Historically, France has been the European country where America's hand has weighed heaviest. Despite the antipathy, though, the two countries are remarkably similar: both believe their nations have unique missions in the world; both are intensely patriotic; and both believe their way of life is best. "We're a place with pretensions of universalism," says Stéphane Rozès, director of CSA, the polling institute that conducted the Le Parisien survey. "France sees itself as carrying universal values into the international sphere, just as America does. But in this case, the French see the Americans harnessing their superpower status not to the greater interest of the world, but to its own national interests" — something, of course, that other countries think France does very well itself.
Despite resentment of the Bush Administration's bad-cop strut, it has achieved results: getting Russia to accept Bush's missile defenses and encouraging Vladimir Putin to cast his lot with the West, and squeezing the Security Council into its 15-0 vote on Iraq. Though Bush's decision to go through the U.N. had plenty to do with domestic public opinion — a survey by the German Marshall Fund and Chicago Council on Foreign Relations, on which he was briefed, showed that 65% of Americans wanted U.N. blessing for any war — the move nevertheless took considerable diplomatic skill and patience, reflected concern for other countries' opinions and confounds the easy European caricature of Bush. Besides the Iraq vote, Bush also assembled a big coalition for Afghanistan. The most deafening European complaint about Washington these days is insularity: that no one but Colin Powell picks up the phone and that Bush pays no mind to leading opinion beyond his own shores. The U.S. "is astonishingly ignorant about other cultures," says Dominique Chagnollaud, a professor of constitutional studies at the Sorbonne — and at the same time "we have the impression that it is always telling everyone else what to do." Bille goes even further. "The trouble arises when we feel we're not only not being listened to," he says, "but when the Americans make no pretense of even wanting to hear what we have to say."
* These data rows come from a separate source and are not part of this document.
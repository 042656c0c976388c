-- ===== src/Replay.antt =====
-- Recovery: `flush_fault_buffers` and `flush_expired_fault_if_needed` of src/sim_comm.cpp, with the
-- two ways out of the module that they use.
pub mod Log
pub mod Recovery
use swarm_ros_bridge.Common.{
  ℕ, suc, ◌+◌, Bool, true, false, ◌&&◌, List, [], ◌∷◌, map, replicate, length, ltb, leb, ltb_ℤ, pos,
  if◌then◌else◌,
}
use swarm_ros_bridge.Double.{Double, lt, lit, mul, div, of_size, nought}
use swarm_ros_bridge.Topic.{TopicInfo, Message}
use swarm_ros_bridge.World.{World, Event, zmq_sent, published, slept, log, send_topic, is_limited}
use swarm_ros_bridge.SendQueue.{enqueue_send_message}

module _ {W : Type 0} ⦃d : Double W⦄ where
  abbrev pub default_replay_interval : W
  default_replay_interval = lit 1 2

  abbrev pub fault_replay_rate_multiplier : W
  fault_replay_rate_multiplier = lit 2 0

  unfoldable pub get_fault_replay_interval : ℕ → Bool → World W → W
  get_fault_replay_interval i is_send_topic w =
      if is_send_topic && ltb_ℤ (pos 0) (send_topic w i).max_freq
      then div (lit 1 0) (mul (d.of_int (send_topic w i).max_freq) fault_replay_rate_multiplier)
      else default_replay_interval

  unfoldable pub get_recv_fault_replay_interval : ℕ → W → W
  get_recv_fault_replay_interval message_count fault_duration_sec =
      if ltb 1 message_count && lt nought fault_duration_sec
      then div fault_duration_sec (mul (of_size message_count) fault_replay_rate_multiplier)
      else default_replay_interval

  unfoldable pub send_serialized_message : ℕ → Message → World W → World W
  send_serialized_message i m w = log (zmq_sent i m) w

  unfoldable pub publish_received_message_after_fault : ℕ → Message → World W → World W
  publish_received_message_after_fault i m w =
      if w.fault.publish_callback then log (published i m) w else w

  -- `dispatch_send_message_after_fault(i, m, false)`: a replayed message is not checked again.
  unfoldable pub replay_send_message : ℕ → Message → World W → World W
  unfolding send_serialized_message
  replay_send_message i m w =
      if is_limited w i then enqueue_send_message i m w else send_serialized_message i m w

  -- The inner loops: one topic's messages in order, a pause before each but the first.
  unfoldable pub pause : Bool → W → World W → World W
  pause is_first interval w = if is_first then w else log (slept interval) w

  unfoldable pub replay :
      (Message → World W → World W) → W → Bool → List Message → World W → World W
  unfolding pause
  replay release interval is_first [] w = w
  replay release interval is_first (m ∷ ms) w =
      replay release interval false ms (release m (pause is_first interval w))

  -- The outer loops, over the topics.
  unfoldable pub replay_sends : ℕ → List (List Message) → World W → World W
  unfolding replay
  replay_sends i [] w = w
  replay_sends i (ms ∷ rest) w =
      replay_sends (suc i) rest
        (replay (replay_send_message i) (get_fault_replay_interval i true w) true ms w)

  unfoldable pub replay_recvs : ℕ → W → List (List Message) → World W → World W
  unfolding replay
  replay_recvs i duration [] w = w
  replay_recvs i duration (ms ∷ rest) w = replay_recvs (suc i) duration rest (
      replay (publish_received_message_after_fault i)
        (get_recv_fault_replay_interval (length ms) duration) true ms w)

  -- Swaps the buffers out under the lock, then replays with the lock released.
  unfoldable pub take_buffers : World W → World W
  take_buffers w = record w {
    fault = record w.fault {
      send_buffers = replicate (length w.send_topics) [];
      recv_buffers = replicate (length w.recv_topics) [];
    };
  }

  unfoldable pub flush_fault_buffers : World W → World W
  unfolding take_buffers replay_sends replay_recvs
  flush_fault_buffers w =
      replay_recvs 0 w.fault.duration_sec w.fault.recv_buffers
        (replay_sends 0 w.fault.send_buffers (take_buffers w))

  -- A fault that is over: active, and its end not after `now`.
  abbrev pub is_expired : ℕ → World W → Bool
  is_expired now w = w.fault.active && leb w.fault.until now

  unfoldable pub begin_recovery : World W → World W
  begin_recovery w = record w { fault = record w.fault { active = false; recovering = true } }

  unfoldable pub end_recovery : World W → World W
  end_recovery w = record w { fault = record w.fault { recovering = false } }

  unfoldable pub flush_expired_fault_if_needed : ℕ → World W → World W
  unfolding begin_recovery end_recovery flush_fault_buffers
  flush_expired_fault_if_needed now w =
      if is_expired now w then end_recovery (flush_fault_buffers (begin_recovery w)) else w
Archbishop Renato Martino, head of the Pontifical Council for Justice and Peace at the Vatican, which opposes war in Iraq as it opposed the Gulf War, uses religious language to describe American self-absorption. "Power is a temptation," he says. "It's like there's one bottle of a drink and you are alone in the room. You are tempted to drink from it now and again, and eventually you get inebriated. And you forget to take care of those others who maybe just want a sip."